Frequently Asked Questions (FAQ)

  1. Will splitting my video with MediaSeg reduce the quality? No. MediaSeg prioritizes quality preservation by using FFmpeg's stream copy mode (-c copy) for MP4 files, which re-muxes the streams without re-encoding. For WEBM conversion, it uses high-quality settings via macOS VideoToolbox. The goal is to maintain the original quality within the smaller chunks.
  2. What are the system requirements to run MediaSeg? MediaSeg requires an Apple Silicon Mac running macOS 15 Sequoia or later. It needs Python 3.13+, FFmpeg and FFprobe installed (easily via Homebrew: brew install ffmpeg), and the PySide6 Python library for the GUI. The MediaSeg.app can be built via provided scripts.
  3. Can MediaSeg handle audio-only files like MP3 or WAV? Currently, MediaSeg supports MP4 and WEBM video files.
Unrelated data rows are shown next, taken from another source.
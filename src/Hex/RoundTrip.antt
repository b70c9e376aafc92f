-- ===== src/Hex/RoundTrip.antt =====
-- The hexadecimal text of an `int` reads back, and fits the buffer of `int_to_hex`.
use vjft.Prelude.{ℕ, zero, suc, ◌+◌, ◌*◌, ◌/◌, ◌%◌, ◌^◌, ◌<◌, ◌≡◌, ap, ◌∙◌}
use vjft.Prelude.{List, [], ◌∷◌, ℤ, pos, negsuc, some, arith}
use vjft.Hex.{to_unsigned, to_int, hex_digit, hex_loop, int_to_hex, digit_value, hex_to_int_loop}
use vjft.Hex.{hex_to_int}
use native.Mathlib.Nat.{pow-suc}

digit_value-hex_digit : (d : ℕ) → d < 16 → digit_value (hex_digit d) ≡ some d
unfolding digit_value hex_digit
digit_value-hex_digit d h = ground arith

read_digit :
    (d : ℕ) (p : List ℕ) (r : ℕ)
    → d < 16
    → hex_to_int_loop (hex_digit d ∷ p) r ≡ hex_to_int_loop p ((r * 16 % 2 ^ 32 + d) % 2 ^ 32)
unfolding hex_to_int_loop
read_digit d p r h = ground (arith, digit_value-hex_digit d)

read-hex_loop :
    (rounds num : ℕ) (written : List ℕ)
    → num < 16 ^ suc rounds
    → num < 2 ^ 32
    → hex_to_int_loop (hex_loop (suc rounds) num written) 0 ≡ hex_to_int_loop written num
unfolding hex_loop
read-hex_loop zero num written h fits = ground (arith, read_digit (num % 16) written 0)
read-hex_loop (suc rounds) num written h fits = ground (
  arith,
  pow-suc 16 (suc rounds),
  read_digit (num % 16) written 0,
  read_digit (num % 16) written (num / 16),
  read-hex_loop rounds (num / 16) (hex_digit (num % 16) ∷ written),
)

abbrev pub IsInt : ℤ → Type 0
IsInt (pos n) = n < 2 ^ 31
IsInt (negsuc n) = n < 2 ^ 31

to_unsigned-lt : (v : ℤ) → to_unsigned v < 2 ^ 32
unfolding to_unsigned
to_unsigned-lt (pos n) = omega arith
to_unsigned-lt (negsuc n) = omega arith

to_int-to_unsigned : (v : ℤ) → IsInt v → to_int (to_unsigned v) ≡ v
unfolding to_int to_unsigned
to_int-to_unsigned (pos n) h = ground arith
to_int-to_unsigned (negsuc n) h = ground arith

-- hex_to_int reads back every 32-bit int that int_to_hex writes, the negative ones included.
pub hex_to_int-int_to_hex : (v : ℤ) → IsInt v → hex_to_int (some (int_to_hex v)) ≡ v
unfolding hex_to_int int_to_hex hex_to_int_loop
hex_to_int-int_to_hex v h =
    ap to_int (read-hex_loop 7 (to_unsigned v) [] (to_unsigned-lt v) (to_unsigned-lt v))
    ∙ to_int-to_unsigned v h
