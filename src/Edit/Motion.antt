-- ===== src/Edit/Motion.antt =====
-- The updates that move the cursor, on a node that shows well-formed text.
use vjft.Prelude.{ℕ, ◌+◌, ◌-◌, ◌≡◌}
use vjft.Prelude.{List, length, min}
use vjft.Prelude.{pos, arith, ok}
use vjft.Msg.{MsgNode}
use vjft.World.{InputEvent}
use vjft.Edit.{upd_backward_char, upd_forward_char}
use vjft.Edit.Shows.{Shows, strlen-Shows}

abbrev pub at_cursor : MsgNode → ℕ → MsgNode
at_cursor node k = record node { cursor_pos = pos k }

module _ (node : MsgNode) (event : InputEvent) (cs : List (List ℕ)) (k : ℕ)
    (h : Shows node cs k) where
  pub upd_backward_char-Shows : upd_backward_char node event ≡ ok (at_cursor node (k - 1))
  unfolding upd_backward_char
  upd_backward_char-Shows = ground (arith, h.cursor)

  pub upd_forward_char-Shows :
      upd_forward_char node event ≡ ok (at_cursor node (min (k + 1) (length cs)))
  unfolding upd_forward_char
  upd_forward_char-Shows = ground (arith, h.cursor, h.within, strlen-Shows h)
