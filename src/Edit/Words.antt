-- ===== src/Edit/Words.antt =====
-- The word motions, on a node that shows well-formed text.
use vjft.Prelude.{
  ℕ, zero, suc, ◌+◌, ◌-◌, ◌≤◌, ◌<◌, ◌≡◌, refl, ap, ◌∙◌, sym, Bool, true, false, not, ◌&&◌,
}
use vjft.Prelude.{List, [], ◌∷◌, length, take, drop, if◌then◌else◌, ◌==◌, drop_all}
use vjft.Prelude.{ℤ, pos, All, arith, ok, each_below, test_below}
use vjft.Prelude.{pos_part, ◌-ℤ◌, ◌||◌, Bool-cases, inl, inr}
use vjft.Utf8.{byte_at, utf8_next_char, utf8_prev_char, is_continuation, utf8_char_length}
use vjft.Utf8.Chars.{IsChar, encode, offset, IsCharAt, char_at, char_parts, byte_at-append}
use vjft.Utf8.Chars.{byte_at_continuation}
use vjft.Utf8.Walk.{byte_at-offset, utf8_next_char-encode, utf8_prev_char-encode}
use vjft.Msg.{MsgNode}
use vjft.World.{InputEvent}
use vjft.Edit.{
  isspace, skip_forward, upd_forward_word, byte_before, skip_backward, upd_backward_word,
}
use vjft.Edit.Shows.{Shows, strlen-Shows, byte_offset-Shows}
use vjft.Edit.Motion.{at_cursor}
use mathlib.Core.List.{reverse, reverse-append}
use native.Mathlib.Nat.{add-zero, add-suc}
use native.Mathlib.Numerals.{add-one}
use vjft.Prelude.{take-suc, length-drop, ◌≢◌}

-- Is the character a space? A character of several bytes is none.
abbrev pub is_space : List ℕ → Bool
is_space [] = false
is_space (b ∷ r) = isspace b

abbrev wanted : Bool → List ℕ → Bool
wanted space c = if space then is_space c else not (is_space c)

-- How many characters of the same kind the text starts with.
abbrev pub run_length : Bool → List (List ℕ) → ℕ
run_length space [] = 0
run_length space (c ∷ cs) = if wanted space c then suc (run_length space cs) else 0

module _ (space : Bool) (text : List ℕ) (rounds i b : ℕ) (here : byte_at text i ≡ ok b)
    (r : List ℕ) where
  skip_forward_stop :
      (p : ℤ)
      → wanted space (b ∷ r) ≡ false
      → skip_forward space text (suc rounds) i p ≡ ok (suc rounds, i, p)
  unfolding skip_forward
  skip_forward_stop p no_more = ground (arith, here)

  skip_forward_go :
      (k next : ℕ)
      → wanted space (b ∷ r) ≡ true
      → utf8_next_char text i ≡ ok next
      → skip_forward space text (suc rounds) i (pos k)
        ≡ skip_forward space text rounds next (pos (suc k))
  unfolding skip_forward
  skip_forward_go k next more e = ground (arith, here, add-one k)

-- Where a run of characters of one kind ends.
abbrev pub run_end : Bool → List (List ℕ) → ℕ → ℕ
run_end space cs k = k + run_length space (drop k cs)

run_end_stop :
    (space : Bool) (cs : List (List ℕ)) (k : ℕ) (c : List ℕ)
    → drop k cs ≡ c ∷ drop (suc k) cs
    → wanted space c ≡ false
    → run_end space cs k ≡ k
run_end_stop space cs k c e no_more = rw (e, no_more) (add-zero k)

run_end_go :
    (space : Bool) (cs : List (List ℕ)) (k : ℕ) (c : List ℕ)
    → drop k cs ≡ c ∷ drop (suc k) cs
    → wanted space c ≡ true
    → run_end space cs k ≡ run_end space cs (suc k)
run_end_go space cs k c e more = rw (e, more) (omega arith)

skip_forward-encode :
    (rounds : ℕ) (space : Bool) (k : ℕ) (cs : List (List ℕ))
    → All IsChar cs
    → k + rounds ≡ length cs
    → skip_forward space (encode cs) rounds (offset k cs) (pos k)
      ≡ ok
          (length cs - run_end space cs k, offset (run_end space cs k) cs, pos (run_end space cs k))
skip_forward-encode zero space k cs h e =
    let ends : run_end space cs k ≡ k = rw (drop_all k cs (omega arith)) (add-zero k) in
    let left : length cs - k ≡ 0 = omega arith in rw (ends, left) (unfold skip_forward in refl)
skip_forward-encode (suc rounds) space k cs h e =
    let (b, r, at) = char_at k cs h (omega arith) in
    let here = byte_at-offset k cs b r at in
    elim (Bool-cases (wanted space (b ∷ r))) [
      | inl more ↦
          skip_forward_go space _ rounds _ b here r k _ more
            (utf8_next_char-encode k cs h (omega arith))
          ∙ rw (run_end_go space cs k (b ∷ r) at.follows more)
              (skip_forward-encode rounds space (suc k) cs h (omega arith))
      | inr no_more ↦
          let left : length cs - k ≡ suc rounds = omega arith in
          skip_forward_stop space _ rounds _ b here r (pos k) no_more
          ∙ rw (run_end_stop space cs k (b ∷ r) at.follows no_more, left) refl
    ]

run_length-le : (space : Bool) (cs : List (List ℕ)) → run_length space cs ≤ length cs
run_length-le space [] = omega arith
run_length-le space (c ∷ cs) = ground (arith, run_length-le space cs)

pub run_end-le :
    (space : Bool) (cs : List (List ℕ)) (k : ℕ) → k ≤ length cs → run_end space cs k ≤ length cs
run_end-le space cs k h = omega (arith, run_length-le space (drop k cs), length-drop {0} k cs)

-- Where the word that follows the cursor ends.
abbrev pub word_end : List (List ℕ) → ℕ → ℕ
word_end cs k = run_end false cs (run_end true cs k)

pub word_end-le : (cs : List (List ℕ)) (k : ℕ) → k ≤ length cs → word_end cs k ≤ length cs
word_end-le cs k h = run_end-le false cs (run_end true cs k) (run_end-le true cs k h)

-- At the end of the text no word follows.
pub word_end_at_end : (cs : List (List ℕ)) (k : ℕ) → k ≡ length cs → word_end cs k ≡ k
word_end_at_end cs k e = omega (arith, word_end-le cs k (omega arith))

pub upd_forward_word-Shows :
    (node : MsgNode) (event : InputEvent) (cs : List (List ℕ)) (k : ℕ)
    → Shows node cs k
    → upd_forward_word node event ≡ ok (at_cursor node (word_end cs k))
unfolding upd_forward_word
upd_forward_word-Shows node event cs k h =
    let past = run_end-le true cs k h.within in
    let rounds : pos_part (pos (length cs) -ℤ pos k) ≡ length cs - k = ground (arith, h.within) in
    rw (strlen-Shows h, byte_offset-Shows h, h.cursor, h.text, rounds)
      (rw (skip_forward-encode (length cs - k) true k cs h.valid (omega (arith, h.within))) (
        rw
          (skip_forward-encode (length cs - run_end true cs k) false (run_end true cs k) cs h.valid
            (omega arith))
          refl))

space_table : each_below (λ x. not (isspace x && is_continuation x)) 33 ≡ true
unfolding each_below isspace is_continuation
space_table = refl

lead_table : each_below (λ x. not (isspace x) || utf8_char_length x == 1) 33 ≡ true
unfolding each_below isspace utf8_char_length
lead_table = refl

isspace-lt : (b : ℕ) → isspace b ≡ true → b < 33
unfolding isspace
isspace-lt b h = ground arith

continuation-isspace : (b : ℕ) → is_continuation b ≡ true → isspace b ≡ false
continuation-isspace b h = ground (arith, isspace-lt b, test_below _ 33 space_table b)

lead-isspace : (b : ℕ) → utf8_char_length b ≢ 1 → isspace b ≡ false
lead-isspace b h = ground (arith, isspace-lt b, test_below _ 33 lead_table b)

-- The last byte of a character tells as well whether it is a space.
last_byte :
    (k : ℕ) (cs : List (List ℕ)) (b : ℕ) (r : List ℕ)
    → IsCharAt k cs b r
    → (x : ℕ) × (byte_before (encode cs) (offset (suc k) cs) ≡ ok x) × (isspace x ≡ isspace b)
unfolding byte_before byte_at
last_byte k cs b [] at = (b, rw (at.ends, add-one) (byte_at-offset k cs b [] at), refl)
last_byte k cs b (c ∷ r) at =
    let parts = char_parts b (c ∷ r) at.is_char_here in
    let (x, found, cont) =
      byte_at_continuation (c ∷ r) (encode (drop (suc k) cs)) (length r) parts.3 (omega arith) in
    (
      x,
      rw (at.ends, add-suc, at.bytes)
          (byte_at-append (encode (take k cs)) _ (suc (length r)) ∙ found),
      continuation-isspace x cont ∙ sym (lead-isspace b (omega (arith, parts.2))),
    )

module _ (space : Bool) (text : List ℕ) (k i x : ℕ) (here : byte_before text i ≡ ok x) (b : ℕ)
    (r : List ℕ) (same : isspace x ≡ isspace b) where
  skip_backward_stop :
      wanted space (b ∷ r) ≡ false → skip_backward space text (suc k) i ≡ ok (suc k, i)
  unfolding skip_backward
  skip_backward_stop no_more = ground (arith, here)

  skip_backward_go :
      (prev : ℕ)
      → wanted space (b ∷ r) ≡ true
      → utf8_prev_char text i ≡ ok prev
      → skip_backward space text (suc k) i ≡ skip_backward space text k prev
  unfolding skip_backward
  skip_backward_go prev more e = ground (arith, here)

-- Where a run of characters of one kind that ends before `k` starts.
abbrev pub run_start : Bool → List (List ℕ) → ℕ → ℕ
run_start space cs k = k - run_length space (reverse (take k cs))

reverse-take :
    (k : ℕ) (cs : List (List ℕ)) (c : List ℕ)
    → drop k cs ≡ c ∷ drop (suc k) cs
    → reverse (take (suc k) cs) ≡ c ∷ reverse (take k cs)
reverse-take k cs c e =
    ap reverse (take-suc k cs c (drop (suc k) cs) e) ∙ reverse-append (take k cs) (c ∷ [])

run_start_stop :
    (space : Bool) (cs : List (List ℕ)) (k : ℕ) (c : List ℕ)
    → drop k cs ≡ c ∷ drop (suc k) cs
    → wanted space c ≡ false
    → run_start space cs (suc k) ≡ suc k
run_start_stop space cs k c e no_more = rw (reverse-take k cs c e, no_more) (omega arith)

run_start_go :
    (space : Bool) (cs : List (List ℕ)) (k : ℕ) (c : List ℕ)
    → drop k cs ≡ c ∷ drop (suc k) cs
    → wanted space c ≡ true
    → run_start space cs (suc k) ≡ run_start space cs k
run_start_go space cs k c e more = rw (reverse-take k cs c e, more) (omega arith)

skip_backward-encode :
    (space : Bool) (k : ℕ) (cs : List (List ℕ))
    → All IsChar cs
    → k ≤ length cs
    → skip_backward space (encode cs) k (offset k cs)
      ≡ ok (run_start space cs k, offset (run_start space cs k) cs)
skip_backward-encode space zero cs h le =
    let starts : run_start space cs 0 ≡ 0 = omega arith in rw starts (unfold skip_backward in refl)
skip_backward-encode space (suc k) cs h le =
    let (b, r, at) = char_at k cs h (omega arith) in
    let (x, here, same) = last_byte k cs b r at in
    elim (Bool-cases (wanted space (b ∷ r))) [
      | inl more ↦
          skip_backward_go space _ k _ x here b r same _ more
            (utf8_prev_char-encode k cs h (omega arith))
          ∙ rw (run_start_go space cs k (b ∷ r) at.follows more)
              (skip_backward-encode space k cs h (omega arith))
      | inr no_more ↦
          skip_backward_stop space _ k _ x here b r same no_more
          ∙ rw (run_start_stop space cs k (b ∷ r) at.follows no_more) refl
    ]

-- Where the word before the cursor starts.
abbrev pub word_start : List (List ℕ) → ℕ → ℕ
word_start cs k = run_start false cs (run_start true cs k)

pub upd_backward_word-Shows :
    (node : MsgNode) (event : InputEvent) (cs : List (List ℕ)) (k : ℕ)
    → Shows node cs k
    → upd_backward_word node event ≡ ok (at_cursor node (word_start cs k))
unfolding upd_backward_word
upd_backward_word-Shows node event cs k h =
    rw (byte_offset-Shows h, h.cursor, h.text)
      (rw (skip_backward-encode true k cs h.valid h.within) (
        rw (skip_backward-encode false (run_start true cs k) cs h.valid (omega (arith, h.within)))
          refl))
Audio-only formats (e.g., MP3, WAV, MOV, MKV) are listed as planned future additions. The focus is on video files for tools like NotebookLM, but the core logic is adaptable.
  4. How is the output organized, and are the filenames logical? MediaSeg automatically creates an output folder named with the source file and a timestamp (e.g., MeetingVideo_20260614-101523/). Inside, files are sequentially numbered (e.g., MeetingVideo_001.mp4, MeetingVideo_002.mp4) for easy identification and ordering.
  5. Is MediaSeg free to use, and how is it distributed? Yes, MediaSeg is an open-source utility hosted on GitHub. You can run it from source using the Python CLI or GUI, or use the provided scripts (build_public.sh, build_private.sh) to package it as a standalone macOS application for personal or internal distribution.